• **Given data**:
== Segment start ==
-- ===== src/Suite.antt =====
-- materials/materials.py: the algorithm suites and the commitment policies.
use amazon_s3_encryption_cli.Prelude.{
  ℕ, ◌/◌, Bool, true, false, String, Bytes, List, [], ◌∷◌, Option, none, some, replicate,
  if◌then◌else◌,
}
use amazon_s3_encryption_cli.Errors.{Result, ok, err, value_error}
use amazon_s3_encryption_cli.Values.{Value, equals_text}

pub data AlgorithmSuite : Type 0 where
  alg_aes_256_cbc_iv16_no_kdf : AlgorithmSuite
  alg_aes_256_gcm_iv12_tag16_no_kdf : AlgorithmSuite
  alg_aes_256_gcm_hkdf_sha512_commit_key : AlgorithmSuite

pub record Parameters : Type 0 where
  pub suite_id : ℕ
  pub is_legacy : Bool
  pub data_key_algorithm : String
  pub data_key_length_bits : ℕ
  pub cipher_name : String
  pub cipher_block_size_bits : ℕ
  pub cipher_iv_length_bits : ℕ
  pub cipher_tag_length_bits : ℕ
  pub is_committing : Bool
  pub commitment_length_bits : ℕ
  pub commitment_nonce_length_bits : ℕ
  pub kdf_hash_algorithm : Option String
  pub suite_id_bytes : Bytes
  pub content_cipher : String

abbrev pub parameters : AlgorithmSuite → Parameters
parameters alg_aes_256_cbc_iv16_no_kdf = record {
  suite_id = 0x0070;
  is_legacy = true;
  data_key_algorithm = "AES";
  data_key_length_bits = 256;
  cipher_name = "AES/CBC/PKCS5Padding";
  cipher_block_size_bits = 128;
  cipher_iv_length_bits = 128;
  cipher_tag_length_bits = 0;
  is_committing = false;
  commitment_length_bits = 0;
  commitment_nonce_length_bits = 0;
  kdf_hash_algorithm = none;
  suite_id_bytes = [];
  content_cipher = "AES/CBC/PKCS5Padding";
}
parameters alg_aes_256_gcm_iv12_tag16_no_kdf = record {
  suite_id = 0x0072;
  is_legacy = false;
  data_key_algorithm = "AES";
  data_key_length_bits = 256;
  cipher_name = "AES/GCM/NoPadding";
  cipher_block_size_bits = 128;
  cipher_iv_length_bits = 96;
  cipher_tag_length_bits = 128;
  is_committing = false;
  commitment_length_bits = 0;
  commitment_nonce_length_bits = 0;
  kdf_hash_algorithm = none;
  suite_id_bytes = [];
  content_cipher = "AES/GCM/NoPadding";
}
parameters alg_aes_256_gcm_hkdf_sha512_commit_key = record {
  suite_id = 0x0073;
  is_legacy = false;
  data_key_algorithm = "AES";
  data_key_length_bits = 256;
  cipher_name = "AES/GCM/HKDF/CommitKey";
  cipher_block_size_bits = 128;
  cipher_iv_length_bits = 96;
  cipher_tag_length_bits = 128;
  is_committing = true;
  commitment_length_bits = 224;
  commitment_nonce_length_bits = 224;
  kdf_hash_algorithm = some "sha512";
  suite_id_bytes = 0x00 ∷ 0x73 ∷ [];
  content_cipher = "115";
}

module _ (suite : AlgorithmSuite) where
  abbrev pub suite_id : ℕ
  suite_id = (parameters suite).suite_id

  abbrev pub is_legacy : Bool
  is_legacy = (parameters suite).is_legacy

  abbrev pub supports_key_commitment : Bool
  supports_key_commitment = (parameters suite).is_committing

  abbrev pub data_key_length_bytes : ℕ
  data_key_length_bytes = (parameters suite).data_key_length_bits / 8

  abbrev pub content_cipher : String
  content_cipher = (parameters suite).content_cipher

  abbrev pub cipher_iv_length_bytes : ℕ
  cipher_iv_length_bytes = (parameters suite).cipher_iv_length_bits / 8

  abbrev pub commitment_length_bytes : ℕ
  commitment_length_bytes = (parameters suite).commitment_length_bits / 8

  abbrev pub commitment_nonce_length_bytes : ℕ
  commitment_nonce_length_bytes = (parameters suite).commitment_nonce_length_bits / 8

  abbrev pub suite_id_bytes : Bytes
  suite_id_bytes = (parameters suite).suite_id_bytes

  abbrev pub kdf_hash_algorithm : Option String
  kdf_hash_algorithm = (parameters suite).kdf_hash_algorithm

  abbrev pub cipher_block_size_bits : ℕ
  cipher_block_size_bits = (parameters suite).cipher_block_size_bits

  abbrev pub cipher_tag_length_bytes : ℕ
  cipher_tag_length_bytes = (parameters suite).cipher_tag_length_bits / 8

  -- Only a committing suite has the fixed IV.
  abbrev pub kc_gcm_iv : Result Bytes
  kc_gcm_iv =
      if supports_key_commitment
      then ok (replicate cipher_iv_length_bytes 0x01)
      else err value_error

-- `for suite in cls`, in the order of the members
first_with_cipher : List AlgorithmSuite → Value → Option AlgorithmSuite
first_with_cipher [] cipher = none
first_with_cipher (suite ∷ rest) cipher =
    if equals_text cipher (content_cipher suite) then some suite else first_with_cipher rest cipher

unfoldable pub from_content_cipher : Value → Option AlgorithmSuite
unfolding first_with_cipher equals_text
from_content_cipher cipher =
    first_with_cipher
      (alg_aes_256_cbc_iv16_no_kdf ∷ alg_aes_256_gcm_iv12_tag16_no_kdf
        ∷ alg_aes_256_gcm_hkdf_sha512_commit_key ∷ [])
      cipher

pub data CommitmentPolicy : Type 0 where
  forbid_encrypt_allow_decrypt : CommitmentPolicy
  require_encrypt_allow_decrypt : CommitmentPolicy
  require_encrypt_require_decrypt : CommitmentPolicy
== Segment end ==
== Segment start ==
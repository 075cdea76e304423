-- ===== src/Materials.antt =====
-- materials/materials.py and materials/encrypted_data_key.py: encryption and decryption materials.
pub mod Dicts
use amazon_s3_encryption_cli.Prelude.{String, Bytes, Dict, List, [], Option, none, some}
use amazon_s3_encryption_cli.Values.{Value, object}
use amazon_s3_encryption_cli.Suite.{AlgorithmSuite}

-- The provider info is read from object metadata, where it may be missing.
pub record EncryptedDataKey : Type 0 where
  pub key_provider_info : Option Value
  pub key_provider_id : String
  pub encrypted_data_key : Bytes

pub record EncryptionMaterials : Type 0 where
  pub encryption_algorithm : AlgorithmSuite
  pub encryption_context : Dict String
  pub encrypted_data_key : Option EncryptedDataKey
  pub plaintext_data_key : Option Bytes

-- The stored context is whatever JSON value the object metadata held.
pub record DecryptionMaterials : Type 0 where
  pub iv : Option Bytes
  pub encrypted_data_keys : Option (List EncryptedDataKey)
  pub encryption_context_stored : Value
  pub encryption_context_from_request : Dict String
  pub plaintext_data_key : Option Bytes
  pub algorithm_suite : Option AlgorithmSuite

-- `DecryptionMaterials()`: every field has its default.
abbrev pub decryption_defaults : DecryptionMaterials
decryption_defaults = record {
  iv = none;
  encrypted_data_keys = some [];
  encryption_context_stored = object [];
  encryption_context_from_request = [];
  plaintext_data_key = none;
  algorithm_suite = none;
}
== Segment end ==
• **What the task asks**: Where the word "Prelude" shows up in a line of the entries above, copy that line.

• **Output for this task**:
use amazon_s3_encryption_cli.Prelude.{
use amazon_s3_encryption_cli.Prelude.{String, Bytes, Dict, List, [], Option, none, some}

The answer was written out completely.